Ini masuk akal ketika Anda menganggap mereka memprogram tubuh Anda untuk menghasilkan hanya satu jenis antibodi terhadap protein lonjakan tertentu. Begitu protein lonjakan, atau elemen lain dalam virus, mulai bermutasi, perlindungan secara radikal berkurang. Lebih buruk lagi, vaksin memfasilitasi produksi varian yang sebenarnya karena “bocor” dan hanya memberikan perlindungan kekebalan parsial yang tidak efektif.

Kekebalan alami jauh lebih unggul, seperti ketika Anda pulih dari infeksi, tubuh Anda membuat antibodi terhadap kelima protein virus, ditambah sel T memori yang tetap ada bahkan setelah tingkat antibodi berkurang. Ini memberi Anda perlindungan yang jauh lebih baik yang kemungkinan akan berlangsung seumur hidup, kecuali jika Anda memiliki gangguan fungsi kekebalan tubuh.

Data dunia nyata dari Israel mengkonfirmasi hal ini, menunjukkan mereka yang telah menerima suntikan COVID adalah 6,72 kali lebih mungkin terinfeksi daripada orang dengan kekebalan alami. (4,5,6)
CDC Akui Kekebalan ‘Vaksin’ Tidak Bertahan

Dalam laporan 20 Agustus 2021, BPR mencatat: (7)

“’Data yang akan kami terbitkan hari ini dan minggu depan menunjukkan efektivitas vaksin terhadap infeksi SARS COVID 2 berkurang,’ direktur CDC [Rochelle Walensky] memulai … Dia mengutip laporan rekan internasional, termasuk Israel ‘menyarankan peningkatan risiko penyakit parah di antara mereka yang divaksinasi lebih awal.’

Jangan takut, orang yang sama yang mencoba menjual kekebalan Amerika melalui tusukan dan berjanji untuk mengembalikan kebebasan yang mereka hambat memiliki rencana, dan mereka tidak meninggalkan banyak ruang untuk pilihan pribadi.

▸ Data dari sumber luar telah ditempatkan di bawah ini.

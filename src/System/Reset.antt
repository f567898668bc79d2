-- ===== src/System/Reset.antt =====
-- resetIPv4TCP of stack_system.go: the packet that refuses a flow for which the NAT has no port.
use sing_tun.Base.{
  ℕ, ◌+◌, ◌-◌, ◌*◌, ◌/◌, ◌%◌, ◌^◌, ◌≤◌, ◌<◌, ◌≡◌, refl, ap, ◌∙◌, Bool, true, false, Option, some,
  List, [], ◌∷◌, ◌++◌, length, arith, All, ◌==◌, Bool-cases, inl, inr, if◌then◌else◌,
}
use sing_tun.Base.Net.{AddrPort}
use sing_tun.Base.Bytes.{
  patch, window, bytes16, bytes32, get8, get16, get32, slice, slice_total, All-patch,
}
use sing_tun.Checksum.Ones.{canon, word_sum}
use sing_tun.Checksum.Words.{IsByte}
use sing_tun.Checksum.Header.{checksum, complement, pseudo_header_checksum}
use sing_tun.Checksum.Header.Update.{fold_in, pseudo_header_checksum_lem}
use sing_tun.Header.{
  header_length, source_addr, destination_addr, source_port, destination_port, TcpFields,
  encode_tcp, encode_ipv4, calculate_tcp_checksum, set_tcp_checksum,
}
use sing_tun.Header.Fields.{length-window, put-some, number-bytes16, number-bytes32}
use sing_tun.Header.Update.{window-IsByte, bytes16-IsByte, bytes32-IsByte}
use sing_tun.Header.Seal.{sealed, ip_sealed}
use sing_tun.System.{Packet}
use sing_tun.System.Sealed.{HeaderValid, SegmentValid, IsTcpPacket, header_sum}
use sing_tun.System.Route.{HasFlow, flow-IsEndpoint, get32_fits}
use sing_tun.System.Tcp.{reset_fields, reset_segment, reset_packet, bit}

-- The fields of a TCP header with all of its bytes, and its data.
pub record HasSegment (b : List ℕ) (seq ack flags data_len : ℕ) : Type 0 where
  pub seq_num : get32 b 4 ≡ some seq
  pub ack_num : get32 b 8 ≡ some ack
  pub flags_eq : get8 b 13 ≡ some flags
  pub offset : ℕ
  pub offset_eq : get8 b 12 ≡ some offset
  pub ends : offset / 16 * 4 + data_len ≡ length b

-- The reset for a segment (RFC 9293, 3.5.2): at the sequence number that it acknowledges, or else
-- an acknowledgment of all that it takes up.
abbrev pub reset_for : AddrPort → AddrPort → ℕ → ℕ → ℕ → ℕ → TcpFields
reset_for source destination seq ack flags data_len = record {
  src_port = destination.port;
  dst_port = source.port;
  seq_num = if bit flags 16 == 1 then ack else 0;
  ack_num = if bit flags 16 == 1 then 0 else (seq + data_len + bit flags 2 + bit flags 1) % 2 ^ 32;
  flags = if bit flags 16 == 1 then 4 else 20;
}

reset_fields_lem :
    (p : Packet) (source destination : AddrPort) (seq ack flags data_len : ℕ)
    → HasFlow p source destination
    → HasSegment p.payload seq ack flags data_len
    → reset_fields p.payload ≡ some (reset_for source destination seq ack flags data_len)
unfolding reset_fields
reset_fields_lem p source destination seq ack flags data_len f h =
    elim (Bool-cases (bit flags 16 == 1)) [
      | inl e ↦ rw (f.src_port, f.dst_port, h.flags_eq, e, h.ack_num) refl
      | inr e ↦
          let at = h.offset / 16 * 4 in
          let data_eq : length (window p.payload at (length p.payload - at)) ≡ data_len =
            length-window p.payload at _ (omega (arith, h.ends)) ∙ omega (arith, h.ends) in
          rw
            (
              f.src_port,
              f.dst_port,
              h.flags_eq,
              e,
              h.seq_num,
              h.offset_eq,
              slice_total p.payload at (length p.payload) (omega (arith, h.ends)) (omega arith),
              data_eq,
            )
            refl
    ]

abbrev packet : List ℕ → List ℕ → Packet
packet ip tcp = record { header = ip; payload = tcp; trailer = [] }

abbrev FieldsFit : TcpFields → Type 0
FieldsFit f =
    (f.src_port < 2 ^ 16)
    × (f.dst_port < 2 ^ 16)
    × (f.seq_num < 2 ^ 32)
    × (f.ack_num < 2 ^ 32)
    × (f.flags < 256)

encode_tcp-IsByte : (f : TcpFields) → f.flags < 256 → All IsByte (encode_tcp f)
encode_tcp-IsByte f h = ground arith

encode_ipv4-IsByte :
    (total protocol src dst : ℕ) → protocol < 256 → All IsByte (encode_ipv4 total protocol src dst)
encode_ipv4-IsByte total protocol src dst h = ground arith

tcp_sealed :
    (f : TcpFields) (src dst : ℕ)
    → f.flags < 256
    → let pseudo = pseudo_header_checksum 6 (bytes32 src) (bytes32 dst) 20 in
      (c : ℕ) × (calculate_tcp_checksum (encode_tcp f) pseudo ≡ some c)
      × (set_tcp_checksum (encode_tcp f) (complement c)
          ≡ some (patch (encode_tcp f) 16 (bytes16 (complement c))))
      × (checksum false 0 (patch (encode_tcp f) 16 (bytes16 (complement c))) pseudo ≡ 65535)
unfolding calculate_tcp_checksum set_tcp_checksum get8 slice
tcp_sealed f src dst h =
    let pseudo = pseudo_header_checksum 6 (bytes32 src) (bytes32 dst) 20 in
    let x = word_sum false (bytes32 src) + word_sum false (bytes32 dst) + 20 + 6 in
    let pseudo_eq : pseudo ≡ canon x =
      pseudo_header_checksum_lem 6 (bytes32 src) (bytes32 dst) 20 (omega arith) (bytes32-IsByte src)
        (bytes32-IsByte dst) (omega arith) in
    let b = encode_tcp f in
    let hb = encode_tcp-IsByte f h in
    let front = window b 0 16 in
    let c = checksum false 0 (0 ∷ 0 ∷ []) (checksum false 0 front pseudo) in
    (
      c,
      refl,
      put-some b 16 (bytes16 (complement c)) (omega arith),
      fold_in (patch b 16 (bytes16 (complement c))) pseudo x
            (All-patch IsByte b 16 (bytes16 (complement c)) hb (bytes16-IsByte (complement c)))
            pseudo_eq
          ∙ sealed 16 x b c refl (omega arith) (
              fold_in (0 ∷ 0 ∷ []) _ _ (omega arith)
                (fold_in front _ _ (window-IsByte b 0 16 hb) pseudo_eq)),
    )

-- What resetIPv4TCP writes to the device.
pub record IsReset (p : Packet) (offload : Bool) (f : TcpFields) (source destination : AddrPort)
    (written : Option (List ℕ)) : Type 0 where
  pub ip : List ℕ
  pub tcp : List ℕ
  pub made : written ≡ some (ip ++ tcp)
  pub lengths : (length ip ≡ 20) × (length tcp ≡ 20)
  pub reversed : HasFlow (packet ip tcp) destination source
  pub seq_num : get32 tcp 4 ≡ some f.seq_num
  pub ack_num : get32 tcp 8 ≡ some f.ack_num
  pub flags_eq : get8 tcp 13 ≡ some f.flags
  pub header_valid : HeaderValid (packet ip tcp)
  pub segment_valid : offload ≡ false → SegmentValid (packet ip tcp)

ip_parts :
    (src dst : ℕ)
    → src < 2 ^ 32
    → dst < 2 ^ 32
    → (v : ℕ)
    → let ip = patch (encode_ipv4 40 6 src dst) 10 (bytes16 v) in
      (source_addr ip ≡ some src)
      × (destination_addr ip ≡ some dst)
      × (window ip 12 4 ≡ bytes32 src)
      × (window ip 16 4 ≡ bytes32 dst)
unfolding source_addr destination_addr get32
ip_parts src dst hs hd v =
    (ap some (number-bytes32 src hs), ap some (number-bytes32 dst hd), refl, refl)

-- A reset's segment, with any bytes in its checksum field.
record TcpParts (f : TcpFields) (tcp : List ℕ) : Type 0 where
  length_eq : length tcp ≡ 20
  src_port : source_port tcp ≡ some f.src_port
  dst_port : destination_port tcp ≡ some f.dst_port
  seq_num : get32 tcp 4 ≡ some f.seq_num
  ack_num : get32 tcp 8 ≡ some f.ack_num
  flags_eq : get8 tcp 13 ≡ some f.flags

tcp_parts :
    (f : TcpFields)
    → FieldsFit f
    → TcpParts f (encode_tcp f) × ((v : ℕ) → TcpParts f (patch (encode_tcp f) 16 (bytes16 v)))
unfolding source_port destination_port get16 get32 get8
tcp_parts f h =
    let sp = ap some (number-bytes16 f.src_port h.0) in
    let dp = ap some (number-bytes16 f.dst_port h.1) in
    let sn = ap some (number-bytes32 f.seq_num h.2) in
    let an = ap some (number-bytes32 f.ack_num h.3) in
    (
      record {
        length_eq = refl;
        src_port = sp;
        dst_port = dp;
        seq_num = sn;
        ack_num = an;
        flags_eq = refl;
      },
      λ v. record {
        length_eq = refl;
        src_port = sp;
        dst_port = dp;
        seq_num = sn;
        ack_num = an;
        flags_eq = refl;
      },
    )

reset_segment_lem :
    (offload : Bool) (f : TcpFields) (src dst : ℕ)
    → FieldsFit f
    → (tcp : List ℕ) × (reset_segment offload f src dst ≡ some tcp)
      × TcpParts f tcp
      × (offload ≡ false
          → checksum false 0 tcp (pseudo_header_checksum 6 (bytes32 src) (bytes32 dst) 20) ≡ 65535)
unfolding reset_segment
reset_segment_lem true f src dst h =
    let (c, made, written, valid) = tcp_sealed f src dst h.4 in
    (encode_tcp f, rw made refl, (tcp_parts f h).0, λ e. cc)
reset_segment_lem false f src dst h =
    let (c, made, written, valid) = tcp_sealed f src dst h.4 in
    (
      patch (encode_tcp f) 16 (bytes16 (complement c)),
      rw made written,
      (tcp_parts f h).1 (complement c),
      λ e. valid,
    )

-- For a segment with all of its header, resetIPv4TCP writes one packet of 40 bytes from its
-- destination to its source, with the flags, sequence and acknowledgment number of a reset for it
-- and valid checksums (the segment's is left to a device that has checksum offload).
pub reset_packet_lem :
    (p : Packet) (offload : Bool) (source destination : AddrPort) (seq ack flags data_len : ℕ)
    → IsTcpPacket p
    → HasFlow p source destination
    → HasSegment p.payload seq ack flags data_len
    → 20 ≤ length p.payload
    → IsReset p offload
        (reset_for source destination seq ack flags data_len)
        source
        destination
        (reset_packet p offload)
unfolding reset_packet
reset_packet_lem p offload source destination seq ack flags data_len t f g room =
    let ends = flow-IsEndpoint p source destination t.whole f in
    let fields = reset_for source destination seq ack flags data_len in
    let hs = get32_fits p.payload 4 seq (omega arith) t.whole.payload_bytes g.seq_num in
    let ha = get32_fits p.payload 8 ack (omega arith) t.whole.payload_bytes g.ack_num in
    let fit : FieldsFit fields =
      (ends.1.port_fits, ends.0.port_fits, ground arith, ground arith, ground arith) in
    let src = destination.addr in
    let dst = source.addr in
    let (tcp, made_tcp, parts, valid) = reset_segment_lem offload fields src dst fit in
    let ip0 = encode_ipv4 40 6 src dst in
    let (c, made, written, ip_valid) =
      ip_sealed ip0 (omega arith) (encode_ipv4-IsByte 40 6 src dst (omega arith))
        (unfold header_length get8 in refl) in
    let ip = patch ip0 10 (bytes16 (complement c)) in
    let (ip_src, ip_dst, w_src, w_dst) =
      ip_parts src dst ends.1.addr_fits ends.0.addr_fits (complement c) in
    record {
      ip = ip;
      tcp = tcp;
      made =
          rw
            (
              f.src_addr,
              f.dst_addr,
              reset_fields_lem p source destination seq ack flags data_len f g,
              made_tcp,
              made,
              written,
            )
            refl;
      lengths = (refl, parts.length_eq);
      reversed = record {
        src_addr = ip_src;
        src_port = parts.src_port;
        dst_addr = ip_dst;
        dst_port = parts.dst_port;
      };
      seq_num = parts.seq_num;
      ack_num = parts.ack_num;
      flags_eq = parts.flags_eq;
      header_valid =
          header_sum (packet ip tcp) (
            All-patch IsByte ip0 10 (bytes16 (complement c))
              (encode_ipv4-IsByte 40 6 src dst (omega arith)) (bytes16-IsByte (complement c)))
          ∙ ip_valid;
      segment_valid = λ e. rw parts.length_eq (valid e);
    }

“Dalam konteks kekhawatiran ini, kami berencana bagi orang Amerika untuk menerima suntikan booster mulai bulan depan untuk memaksimalkan perlindungan yang diinduksi vaksin. Rencana kami adalah untuk melindungi rakyat Amerika dan tetap berada di depan dari virus ini,’ Walensky berbagi …

Direktur CDC tampaknya mengakui bahwa tingkat kemanjuran vaksin memiliki batas waktu yang ketat, dan perlindungannya terbatas di lingkungan yang terus berubah.

“Mengingat bukti ini, kami khawatir bahwa perlindungan kuat saat ini terhadap infeksi parah, rawat inap, dan kematian dapat menurun di bulan-bulan mendatang. Terutama di antara mereka yang berisiko lebih tinggi atau mereka yang divaksinasi lebih awal selama fase peluncuran vaksinasi kami,” jelas Walensky …

Mulai 20 September, orang Amerika yang menyelesaikan dua dosis vaksin Pfizer atau Moderna setidaknya delapan bulan yang lalu akan memenuhi syarat untuk mendapatkan suntikan booster. Tiang gawang kembali ke masyarakat ‘normal’ terus bergerak lebih jauh dan lebih jauh. Kapan orang Amerika, terutama mereka yang mematuhi vaksinasi awal, merasa cukup?”

Data Mengungkap Dengan Cepat Kekebalan yang Berkurang Dari Tembakan

Memang, data Israel menunjukkan tembakan Pfizer berubah dari efektivitas 95% di awal, menjadi 64% pada awal Juli 2021 dan 39% pada akhir Juli, ketika strain Delta menjadi dominan. (8,9) Sementara itu, harapan Badan Pengawas Obat dan Makanan AS untuk vaksin apa pun adalah tingkat kemanjuran setidaknya 50%.

Data uji coba Pfizer sendiri bahkan menunjukkan keefektifan yang berkurang dengan cepat pada 13 Maret 2021. Associate editor BMJ Peter Doshi membahas hal ini dalam blog 23 Agustus 2021. (10)

Pada bulan kelima dalam uji coba, kemanjuran telah turun dari 96% menjadi 84%, dan penurunan ini tidak mungkin karena munculnya varian Delta karena 77% peserta uji berada di AS, di mana varian Delta tidak. muncul hingga berbulan-bulan kemudian. Ini menunjukkan bahwa suntikan COVID memiliki efektivitas yang sangat sementara terlepas dari varian baru.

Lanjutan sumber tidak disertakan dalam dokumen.